*** Begin section ***
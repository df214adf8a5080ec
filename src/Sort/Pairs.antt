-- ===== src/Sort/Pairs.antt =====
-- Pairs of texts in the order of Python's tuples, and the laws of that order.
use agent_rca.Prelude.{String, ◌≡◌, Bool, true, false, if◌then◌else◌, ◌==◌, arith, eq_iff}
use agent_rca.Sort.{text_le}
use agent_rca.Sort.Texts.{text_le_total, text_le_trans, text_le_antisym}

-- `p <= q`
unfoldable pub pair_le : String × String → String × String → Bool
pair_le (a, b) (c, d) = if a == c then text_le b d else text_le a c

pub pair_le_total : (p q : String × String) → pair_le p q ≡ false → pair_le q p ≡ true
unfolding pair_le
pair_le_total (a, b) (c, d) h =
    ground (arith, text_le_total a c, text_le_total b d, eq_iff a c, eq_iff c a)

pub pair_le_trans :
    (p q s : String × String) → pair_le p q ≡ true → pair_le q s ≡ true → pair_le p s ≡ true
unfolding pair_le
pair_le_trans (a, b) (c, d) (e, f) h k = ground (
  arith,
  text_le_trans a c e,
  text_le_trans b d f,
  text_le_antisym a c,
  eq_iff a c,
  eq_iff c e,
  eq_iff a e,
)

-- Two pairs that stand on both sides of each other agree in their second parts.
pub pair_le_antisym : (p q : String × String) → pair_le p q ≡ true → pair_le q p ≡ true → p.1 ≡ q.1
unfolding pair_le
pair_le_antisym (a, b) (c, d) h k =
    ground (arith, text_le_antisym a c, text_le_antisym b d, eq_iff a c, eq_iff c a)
*** End section ***
*** Begin section ***
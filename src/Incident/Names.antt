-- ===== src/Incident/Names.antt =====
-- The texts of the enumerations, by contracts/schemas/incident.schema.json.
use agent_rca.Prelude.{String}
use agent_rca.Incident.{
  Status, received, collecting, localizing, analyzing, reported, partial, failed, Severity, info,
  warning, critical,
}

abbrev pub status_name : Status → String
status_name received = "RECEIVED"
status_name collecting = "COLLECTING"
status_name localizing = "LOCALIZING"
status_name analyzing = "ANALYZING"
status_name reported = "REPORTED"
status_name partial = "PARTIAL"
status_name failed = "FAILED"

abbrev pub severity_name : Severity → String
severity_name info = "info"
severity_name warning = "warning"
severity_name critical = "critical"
*** End section ***
*** Begin section ***
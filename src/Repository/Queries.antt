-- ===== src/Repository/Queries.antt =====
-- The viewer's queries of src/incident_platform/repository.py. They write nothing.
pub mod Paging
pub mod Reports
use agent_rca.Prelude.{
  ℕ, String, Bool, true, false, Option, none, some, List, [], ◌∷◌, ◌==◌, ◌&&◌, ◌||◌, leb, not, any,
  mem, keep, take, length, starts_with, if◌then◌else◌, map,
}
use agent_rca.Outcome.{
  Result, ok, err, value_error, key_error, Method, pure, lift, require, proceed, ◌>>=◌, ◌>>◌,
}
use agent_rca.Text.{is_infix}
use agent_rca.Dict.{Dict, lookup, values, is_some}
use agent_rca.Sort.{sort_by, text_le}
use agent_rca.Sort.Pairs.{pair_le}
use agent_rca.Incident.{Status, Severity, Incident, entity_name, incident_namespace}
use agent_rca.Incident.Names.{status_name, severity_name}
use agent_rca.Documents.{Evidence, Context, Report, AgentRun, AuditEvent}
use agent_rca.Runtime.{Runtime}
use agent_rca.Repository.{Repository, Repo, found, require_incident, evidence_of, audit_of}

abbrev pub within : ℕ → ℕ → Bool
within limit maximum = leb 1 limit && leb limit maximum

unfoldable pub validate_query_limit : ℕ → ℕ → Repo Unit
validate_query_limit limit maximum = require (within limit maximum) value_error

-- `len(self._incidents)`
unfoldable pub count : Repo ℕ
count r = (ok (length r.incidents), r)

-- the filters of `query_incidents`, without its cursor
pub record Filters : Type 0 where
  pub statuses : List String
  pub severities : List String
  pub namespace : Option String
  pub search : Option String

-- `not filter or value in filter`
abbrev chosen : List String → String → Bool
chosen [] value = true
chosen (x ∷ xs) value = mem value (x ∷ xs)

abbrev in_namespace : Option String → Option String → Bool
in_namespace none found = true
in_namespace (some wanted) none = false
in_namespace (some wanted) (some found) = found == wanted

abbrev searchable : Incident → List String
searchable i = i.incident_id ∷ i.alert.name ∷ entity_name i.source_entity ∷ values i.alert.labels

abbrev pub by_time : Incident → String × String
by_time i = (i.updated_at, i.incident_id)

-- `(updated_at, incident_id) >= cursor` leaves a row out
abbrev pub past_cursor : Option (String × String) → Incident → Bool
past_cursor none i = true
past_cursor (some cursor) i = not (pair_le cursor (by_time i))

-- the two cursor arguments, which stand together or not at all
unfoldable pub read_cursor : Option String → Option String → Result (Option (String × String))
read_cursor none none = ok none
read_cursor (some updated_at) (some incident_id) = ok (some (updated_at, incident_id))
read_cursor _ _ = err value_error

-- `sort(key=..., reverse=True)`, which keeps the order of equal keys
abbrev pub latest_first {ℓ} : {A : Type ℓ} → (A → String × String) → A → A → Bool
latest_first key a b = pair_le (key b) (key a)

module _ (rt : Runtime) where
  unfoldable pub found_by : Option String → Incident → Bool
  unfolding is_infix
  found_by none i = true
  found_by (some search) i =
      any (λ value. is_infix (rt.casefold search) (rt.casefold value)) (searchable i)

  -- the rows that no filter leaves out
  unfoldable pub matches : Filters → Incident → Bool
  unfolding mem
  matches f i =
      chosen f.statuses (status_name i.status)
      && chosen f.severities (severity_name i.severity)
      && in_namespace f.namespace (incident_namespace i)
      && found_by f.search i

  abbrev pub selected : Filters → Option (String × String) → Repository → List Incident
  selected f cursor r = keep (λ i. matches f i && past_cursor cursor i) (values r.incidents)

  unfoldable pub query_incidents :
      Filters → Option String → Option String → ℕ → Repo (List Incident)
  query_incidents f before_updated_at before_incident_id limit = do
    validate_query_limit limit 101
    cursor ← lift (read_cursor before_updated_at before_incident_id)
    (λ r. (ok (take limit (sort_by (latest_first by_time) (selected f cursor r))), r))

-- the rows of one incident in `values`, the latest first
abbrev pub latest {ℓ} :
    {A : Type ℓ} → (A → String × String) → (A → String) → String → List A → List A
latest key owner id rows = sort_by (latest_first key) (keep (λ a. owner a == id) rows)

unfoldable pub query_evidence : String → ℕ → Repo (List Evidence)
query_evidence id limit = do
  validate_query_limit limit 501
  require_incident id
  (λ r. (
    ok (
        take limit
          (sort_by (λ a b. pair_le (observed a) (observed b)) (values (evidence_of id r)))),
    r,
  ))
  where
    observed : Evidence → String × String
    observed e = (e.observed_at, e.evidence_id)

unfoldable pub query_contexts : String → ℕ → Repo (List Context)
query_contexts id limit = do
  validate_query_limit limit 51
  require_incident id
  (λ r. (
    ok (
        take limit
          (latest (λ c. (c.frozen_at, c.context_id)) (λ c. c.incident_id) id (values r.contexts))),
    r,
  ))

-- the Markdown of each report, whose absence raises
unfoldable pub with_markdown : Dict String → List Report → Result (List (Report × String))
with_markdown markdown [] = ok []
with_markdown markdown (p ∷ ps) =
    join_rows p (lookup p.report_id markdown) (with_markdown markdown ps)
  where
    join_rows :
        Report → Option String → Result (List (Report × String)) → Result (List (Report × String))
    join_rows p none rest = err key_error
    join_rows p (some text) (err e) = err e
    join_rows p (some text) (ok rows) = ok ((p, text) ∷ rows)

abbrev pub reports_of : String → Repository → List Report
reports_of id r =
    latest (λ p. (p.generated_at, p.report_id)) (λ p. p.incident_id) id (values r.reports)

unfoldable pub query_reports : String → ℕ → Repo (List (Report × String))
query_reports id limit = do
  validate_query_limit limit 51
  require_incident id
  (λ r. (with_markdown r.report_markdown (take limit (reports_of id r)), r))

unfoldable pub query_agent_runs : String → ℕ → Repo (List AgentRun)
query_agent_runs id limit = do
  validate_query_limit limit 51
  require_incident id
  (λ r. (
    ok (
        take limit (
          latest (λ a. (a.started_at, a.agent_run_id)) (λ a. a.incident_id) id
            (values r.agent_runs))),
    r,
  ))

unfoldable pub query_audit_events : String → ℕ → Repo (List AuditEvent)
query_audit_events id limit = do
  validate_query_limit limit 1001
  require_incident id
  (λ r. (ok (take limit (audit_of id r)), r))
*** End section ***
• [Work task] Scan the listing for the string "Prelude" and copy every line that carries it.

• [Answer]
use agent_rca.Prelude.{String, ◌≡◌, Bool, true, false, if◌then◌else◌, ◌==◌, arith, eq_iff}
use agent_rca.Prelude.{String}
use agent_rca.Prelude.{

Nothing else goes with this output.